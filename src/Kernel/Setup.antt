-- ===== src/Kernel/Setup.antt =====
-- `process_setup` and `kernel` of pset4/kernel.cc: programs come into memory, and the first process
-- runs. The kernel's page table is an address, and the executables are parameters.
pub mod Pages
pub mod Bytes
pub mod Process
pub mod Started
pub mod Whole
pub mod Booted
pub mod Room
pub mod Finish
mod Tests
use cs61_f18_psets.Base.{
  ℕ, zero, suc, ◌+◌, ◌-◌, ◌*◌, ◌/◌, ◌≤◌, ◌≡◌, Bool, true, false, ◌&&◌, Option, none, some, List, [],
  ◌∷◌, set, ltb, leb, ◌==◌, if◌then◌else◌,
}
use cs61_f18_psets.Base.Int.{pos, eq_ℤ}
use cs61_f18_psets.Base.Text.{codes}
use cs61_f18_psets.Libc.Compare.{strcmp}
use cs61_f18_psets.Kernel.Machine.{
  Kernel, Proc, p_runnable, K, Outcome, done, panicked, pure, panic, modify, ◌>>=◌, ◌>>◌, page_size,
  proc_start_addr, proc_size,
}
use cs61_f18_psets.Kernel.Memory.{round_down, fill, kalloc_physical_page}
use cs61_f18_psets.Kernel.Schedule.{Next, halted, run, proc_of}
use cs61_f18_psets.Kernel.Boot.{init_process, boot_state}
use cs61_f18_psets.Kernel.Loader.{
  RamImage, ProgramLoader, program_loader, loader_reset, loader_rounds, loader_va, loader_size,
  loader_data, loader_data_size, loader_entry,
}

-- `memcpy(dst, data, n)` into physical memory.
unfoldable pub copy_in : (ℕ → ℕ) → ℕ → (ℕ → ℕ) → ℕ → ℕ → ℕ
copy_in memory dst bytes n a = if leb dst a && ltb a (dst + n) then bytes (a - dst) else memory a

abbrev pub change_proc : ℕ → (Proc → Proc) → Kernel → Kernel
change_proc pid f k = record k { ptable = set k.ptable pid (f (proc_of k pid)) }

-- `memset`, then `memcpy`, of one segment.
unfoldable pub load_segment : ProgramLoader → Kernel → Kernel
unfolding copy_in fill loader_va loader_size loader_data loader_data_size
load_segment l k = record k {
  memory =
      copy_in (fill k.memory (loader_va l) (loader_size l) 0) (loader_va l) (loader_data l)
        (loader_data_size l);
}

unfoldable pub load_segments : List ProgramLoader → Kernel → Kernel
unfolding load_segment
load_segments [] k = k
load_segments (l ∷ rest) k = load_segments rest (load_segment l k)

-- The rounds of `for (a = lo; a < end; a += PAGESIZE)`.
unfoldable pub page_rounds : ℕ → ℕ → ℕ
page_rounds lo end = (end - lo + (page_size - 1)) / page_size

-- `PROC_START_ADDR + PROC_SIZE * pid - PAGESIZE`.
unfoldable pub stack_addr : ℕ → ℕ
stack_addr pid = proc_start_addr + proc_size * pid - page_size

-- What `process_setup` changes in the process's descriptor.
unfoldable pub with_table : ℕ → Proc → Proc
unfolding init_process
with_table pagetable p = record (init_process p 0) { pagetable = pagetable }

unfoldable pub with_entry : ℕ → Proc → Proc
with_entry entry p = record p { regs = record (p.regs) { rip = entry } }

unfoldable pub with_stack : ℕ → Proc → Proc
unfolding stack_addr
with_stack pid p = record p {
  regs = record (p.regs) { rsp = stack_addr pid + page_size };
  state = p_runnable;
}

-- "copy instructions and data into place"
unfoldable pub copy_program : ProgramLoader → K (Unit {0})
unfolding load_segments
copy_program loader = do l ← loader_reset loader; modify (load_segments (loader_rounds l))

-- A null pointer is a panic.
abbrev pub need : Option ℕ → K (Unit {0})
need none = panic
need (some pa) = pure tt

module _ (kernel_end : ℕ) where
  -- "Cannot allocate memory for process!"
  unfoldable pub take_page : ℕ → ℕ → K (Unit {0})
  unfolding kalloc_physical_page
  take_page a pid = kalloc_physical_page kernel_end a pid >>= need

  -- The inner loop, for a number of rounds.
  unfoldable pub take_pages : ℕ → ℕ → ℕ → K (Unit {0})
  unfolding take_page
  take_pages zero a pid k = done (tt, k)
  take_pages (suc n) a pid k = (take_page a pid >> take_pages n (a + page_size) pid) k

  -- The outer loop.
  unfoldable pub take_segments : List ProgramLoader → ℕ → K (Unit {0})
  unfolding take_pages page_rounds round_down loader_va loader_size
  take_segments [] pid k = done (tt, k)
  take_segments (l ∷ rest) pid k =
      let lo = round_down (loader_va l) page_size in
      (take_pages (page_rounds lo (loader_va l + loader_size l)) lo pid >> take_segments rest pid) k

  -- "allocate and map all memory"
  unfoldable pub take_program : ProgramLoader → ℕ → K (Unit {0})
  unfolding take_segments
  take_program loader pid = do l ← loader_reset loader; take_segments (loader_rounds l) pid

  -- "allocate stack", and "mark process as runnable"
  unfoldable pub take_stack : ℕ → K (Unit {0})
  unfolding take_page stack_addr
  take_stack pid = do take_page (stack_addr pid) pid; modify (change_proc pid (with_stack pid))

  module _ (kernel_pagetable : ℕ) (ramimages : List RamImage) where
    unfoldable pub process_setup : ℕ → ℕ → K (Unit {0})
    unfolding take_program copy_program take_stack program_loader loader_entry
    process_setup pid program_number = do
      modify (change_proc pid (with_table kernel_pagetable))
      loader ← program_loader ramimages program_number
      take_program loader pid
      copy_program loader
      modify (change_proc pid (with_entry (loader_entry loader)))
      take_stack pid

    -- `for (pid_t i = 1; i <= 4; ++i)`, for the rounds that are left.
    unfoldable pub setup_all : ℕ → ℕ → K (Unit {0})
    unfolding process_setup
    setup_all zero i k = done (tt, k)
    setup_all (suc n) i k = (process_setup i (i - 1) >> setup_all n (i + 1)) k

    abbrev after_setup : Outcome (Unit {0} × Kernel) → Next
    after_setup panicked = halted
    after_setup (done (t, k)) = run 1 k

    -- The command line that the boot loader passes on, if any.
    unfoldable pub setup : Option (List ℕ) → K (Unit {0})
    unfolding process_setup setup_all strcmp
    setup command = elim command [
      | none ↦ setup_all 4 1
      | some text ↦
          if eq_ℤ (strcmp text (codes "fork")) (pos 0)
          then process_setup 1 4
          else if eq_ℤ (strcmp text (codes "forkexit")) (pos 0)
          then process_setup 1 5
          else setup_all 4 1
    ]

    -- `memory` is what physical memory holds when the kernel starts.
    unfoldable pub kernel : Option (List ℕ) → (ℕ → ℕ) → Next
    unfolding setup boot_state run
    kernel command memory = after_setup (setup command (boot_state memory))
════════════════════
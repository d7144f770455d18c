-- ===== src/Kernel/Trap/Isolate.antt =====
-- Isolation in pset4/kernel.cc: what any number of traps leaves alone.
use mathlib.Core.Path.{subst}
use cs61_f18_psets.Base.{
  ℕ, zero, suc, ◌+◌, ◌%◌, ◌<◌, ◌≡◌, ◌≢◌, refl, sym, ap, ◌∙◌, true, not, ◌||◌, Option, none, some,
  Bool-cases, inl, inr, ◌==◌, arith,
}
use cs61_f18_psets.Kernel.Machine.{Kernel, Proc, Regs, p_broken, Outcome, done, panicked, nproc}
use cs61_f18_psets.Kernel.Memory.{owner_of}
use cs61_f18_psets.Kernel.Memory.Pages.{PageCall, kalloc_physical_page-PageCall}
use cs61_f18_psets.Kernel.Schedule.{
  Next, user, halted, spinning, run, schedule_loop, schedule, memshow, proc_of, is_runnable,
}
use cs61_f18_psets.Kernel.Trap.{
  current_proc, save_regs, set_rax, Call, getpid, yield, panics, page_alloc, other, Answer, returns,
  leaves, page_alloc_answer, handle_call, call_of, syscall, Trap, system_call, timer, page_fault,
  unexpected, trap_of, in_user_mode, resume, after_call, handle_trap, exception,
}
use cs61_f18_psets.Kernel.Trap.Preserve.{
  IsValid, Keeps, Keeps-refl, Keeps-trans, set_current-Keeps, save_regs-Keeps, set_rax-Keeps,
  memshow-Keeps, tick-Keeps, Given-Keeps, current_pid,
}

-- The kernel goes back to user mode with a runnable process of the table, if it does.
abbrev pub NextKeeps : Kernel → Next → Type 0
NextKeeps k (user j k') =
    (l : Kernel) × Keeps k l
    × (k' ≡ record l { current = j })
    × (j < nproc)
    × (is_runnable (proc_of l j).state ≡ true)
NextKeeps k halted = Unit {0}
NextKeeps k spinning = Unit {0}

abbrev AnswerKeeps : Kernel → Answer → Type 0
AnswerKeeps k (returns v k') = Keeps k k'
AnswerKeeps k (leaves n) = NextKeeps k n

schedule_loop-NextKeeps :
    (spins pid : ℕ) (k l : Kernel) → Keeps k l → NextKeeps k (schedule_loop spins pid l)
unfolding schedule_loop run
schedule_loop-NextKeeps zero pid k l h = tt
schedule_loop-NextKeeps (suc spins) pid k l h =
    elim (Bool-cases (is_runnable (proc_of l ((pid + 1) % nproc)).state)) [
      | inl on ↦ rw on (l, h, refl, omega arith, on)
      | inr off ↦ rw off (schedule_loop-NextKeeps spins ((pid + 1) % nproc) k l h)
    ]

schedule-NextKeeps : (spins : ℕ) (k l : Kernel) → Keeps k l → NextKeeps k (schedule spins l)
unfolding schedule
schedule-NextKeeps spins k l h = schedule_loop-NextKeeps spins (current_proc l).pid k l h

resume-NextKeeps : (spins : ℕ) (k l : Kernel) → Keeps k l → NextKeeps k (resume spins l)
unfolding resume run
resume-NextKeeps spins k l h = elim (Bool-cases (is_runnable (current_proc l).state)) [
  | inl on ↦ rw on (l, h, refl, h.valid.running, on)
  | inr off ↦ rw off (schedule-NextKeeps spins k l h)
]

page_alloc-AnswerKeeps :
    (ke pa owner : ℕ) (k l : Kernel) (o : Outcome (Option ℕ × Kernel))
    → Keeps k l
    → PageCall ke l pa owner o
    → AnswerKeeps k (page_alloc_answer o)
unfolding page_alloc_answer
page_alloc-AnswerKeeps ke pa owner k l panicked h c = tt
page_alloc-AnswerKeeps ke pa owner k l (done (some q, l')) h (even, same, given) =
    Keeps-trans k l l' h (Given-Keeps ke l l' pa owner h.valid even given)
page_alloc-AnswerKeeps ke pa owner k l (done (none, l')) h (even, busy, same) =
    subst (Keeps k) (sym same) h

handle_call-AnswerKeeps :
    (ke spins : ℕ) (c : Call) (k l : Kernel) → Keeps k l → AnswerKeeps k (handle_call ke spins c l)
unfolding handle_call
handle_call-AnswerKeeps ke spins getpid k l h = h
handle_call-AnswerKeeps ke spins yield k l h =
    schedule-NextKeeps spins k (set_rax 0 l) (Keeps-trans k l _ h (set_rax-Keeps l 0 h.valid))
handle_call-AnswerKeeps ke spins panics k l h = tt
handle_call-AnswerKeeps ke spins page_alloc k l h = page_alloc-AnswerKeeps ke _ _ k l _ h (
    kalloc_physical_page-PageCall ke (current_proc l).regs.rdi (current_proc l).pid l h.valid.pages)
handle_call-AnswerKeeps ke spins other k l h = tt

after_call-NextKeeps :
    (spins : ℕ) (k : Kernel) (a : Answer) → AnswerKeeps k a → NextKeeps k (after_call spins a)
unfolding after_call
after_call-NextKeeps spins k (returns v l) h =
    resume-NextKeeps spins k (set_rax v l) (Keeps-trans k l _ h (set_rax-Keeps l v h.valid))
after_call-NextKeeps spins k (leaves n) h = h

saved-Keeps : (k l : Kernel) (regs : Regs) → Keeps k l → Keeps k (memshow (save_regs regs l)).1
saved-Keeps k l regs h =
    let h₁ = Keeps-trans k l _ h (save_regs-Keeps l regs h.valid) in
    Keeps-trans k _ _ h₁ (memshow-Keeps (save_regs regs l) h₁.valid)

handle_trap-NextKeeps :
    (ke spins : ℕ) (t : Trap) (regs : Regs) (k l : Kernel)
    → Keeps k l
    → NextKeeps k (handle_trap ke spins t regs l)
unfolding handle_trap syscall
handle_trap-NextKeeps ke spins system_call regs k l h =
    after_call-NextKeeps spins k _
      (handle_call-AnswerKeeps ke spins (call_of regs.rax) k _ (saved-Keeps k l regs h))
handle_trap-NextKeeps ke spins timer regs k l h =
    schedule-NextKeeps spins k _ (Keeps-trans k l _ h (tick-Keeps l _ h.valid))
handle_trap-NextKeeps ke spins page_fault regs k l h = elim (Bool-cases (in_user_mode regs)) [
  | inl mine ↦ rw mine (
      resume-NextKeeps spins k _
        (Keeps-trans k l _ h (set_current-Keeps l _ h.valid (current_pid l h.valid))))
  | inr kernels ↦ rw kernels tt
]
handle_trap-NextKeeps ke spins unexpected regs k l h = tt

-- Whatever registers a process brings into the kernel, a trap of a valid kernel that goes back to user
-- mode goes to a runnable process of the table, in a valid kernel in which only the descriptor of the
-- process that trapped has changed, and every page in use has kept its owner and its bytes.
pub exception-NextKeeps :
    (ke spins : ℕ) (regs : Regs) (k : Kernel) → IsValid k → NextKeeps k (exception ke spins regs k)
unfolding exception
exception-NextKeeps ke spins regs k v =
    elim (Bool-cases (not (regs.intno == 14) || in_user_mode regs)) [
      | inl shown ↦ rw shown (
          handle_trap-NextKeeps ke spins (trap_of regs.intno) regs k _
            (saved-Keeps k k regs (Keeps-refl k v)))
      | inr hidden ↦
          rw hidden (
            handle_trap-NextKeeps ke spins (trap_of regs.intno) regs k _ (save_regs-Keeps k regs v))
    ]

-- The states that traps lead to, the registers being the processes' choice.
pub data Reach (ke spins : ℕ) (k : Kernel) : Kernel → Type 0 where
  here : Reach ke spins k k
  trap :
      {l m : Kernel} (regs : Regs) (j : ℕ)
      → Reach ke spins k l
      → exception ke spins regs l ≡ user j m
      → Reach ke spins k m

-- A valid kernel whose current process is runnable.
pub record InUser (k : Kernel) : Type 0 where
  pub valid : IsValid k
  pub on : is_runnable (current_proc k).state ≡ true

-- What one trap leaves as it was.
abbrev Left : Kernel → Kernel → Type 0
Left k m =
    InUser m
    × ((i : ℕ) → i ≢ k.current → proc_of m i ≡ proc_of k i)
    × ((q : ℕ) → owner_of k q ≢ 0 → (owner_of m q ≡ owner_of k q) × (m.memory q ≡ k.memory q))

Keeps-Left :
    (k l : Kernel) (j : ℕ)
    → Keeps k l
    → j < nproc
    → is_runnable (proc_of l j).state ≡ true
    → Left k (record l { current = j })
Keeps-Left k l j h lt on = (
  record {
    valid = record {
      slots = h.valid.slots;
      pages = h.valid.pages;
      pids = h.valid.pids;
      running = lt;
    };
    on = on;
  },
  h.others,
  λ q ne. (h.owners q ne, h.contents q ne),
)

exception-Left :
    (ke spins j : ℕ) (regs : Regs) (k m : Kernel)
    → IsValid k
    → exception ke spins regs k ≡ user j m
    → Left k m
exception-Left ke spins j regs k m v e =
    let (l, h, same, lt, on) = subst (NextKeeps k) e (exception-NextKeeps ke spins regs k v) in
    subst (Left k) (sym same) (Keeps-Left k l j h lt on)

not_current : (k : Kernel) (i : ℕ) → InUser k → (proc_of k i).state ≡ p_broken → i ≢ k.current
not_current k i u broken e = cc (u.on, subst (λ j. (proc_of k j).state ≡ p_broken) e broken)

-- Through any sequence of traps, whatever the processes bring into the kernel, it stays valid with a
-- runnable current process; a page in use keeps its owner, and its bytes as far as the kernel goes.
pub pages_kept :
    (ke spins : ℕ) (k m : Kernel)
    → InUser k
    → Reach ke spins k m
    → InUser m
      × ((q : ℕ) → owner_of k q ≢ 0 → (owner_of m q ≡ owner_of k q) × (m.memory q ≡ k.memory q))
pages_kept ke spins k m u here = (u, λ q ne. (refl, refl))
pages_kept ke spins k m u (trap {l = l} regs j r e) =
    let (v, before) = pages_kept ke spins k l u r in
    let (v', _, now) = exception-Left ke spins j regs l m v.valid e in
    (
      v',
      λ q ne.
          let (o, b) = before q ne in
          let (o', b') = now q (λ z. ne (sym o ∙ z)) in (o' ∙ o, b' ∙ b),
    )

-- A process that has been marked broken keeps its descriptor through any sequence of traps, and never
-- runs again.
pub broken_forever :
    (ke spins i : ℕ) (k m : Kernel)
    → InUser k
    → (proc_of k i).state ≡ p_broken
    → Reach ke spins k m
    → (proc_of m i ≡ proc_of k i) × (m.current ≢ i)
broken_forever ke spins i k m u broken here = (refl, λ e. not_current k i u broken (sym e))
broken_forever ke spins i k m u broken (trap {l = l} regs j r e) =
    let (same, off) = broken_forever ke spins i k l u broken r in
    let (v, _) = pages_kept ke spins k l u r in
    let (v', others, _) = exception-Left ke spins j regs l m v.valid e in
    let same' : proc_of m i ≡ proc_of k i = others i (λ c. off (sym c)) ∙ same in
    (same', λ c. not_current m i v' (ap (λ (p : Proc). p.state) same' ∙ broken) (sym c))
════════════════════
Reproduce exactly the lines of the records above from the one with "filename src/Kernel/Setup.antt" to the one with "pub mod Bytes", both included, and leave out everything else.

filename src/Kernel/Setup.antt
-- ===== src/Kernel/Setup.antt =====
-- `process_setup` and `kernel` of pset4/kernel.cc: programs come into memory, and the first process
-- runs. The kernel's page table is an address, and the executables are parameters.
pub mod Pages
pub mod Bytes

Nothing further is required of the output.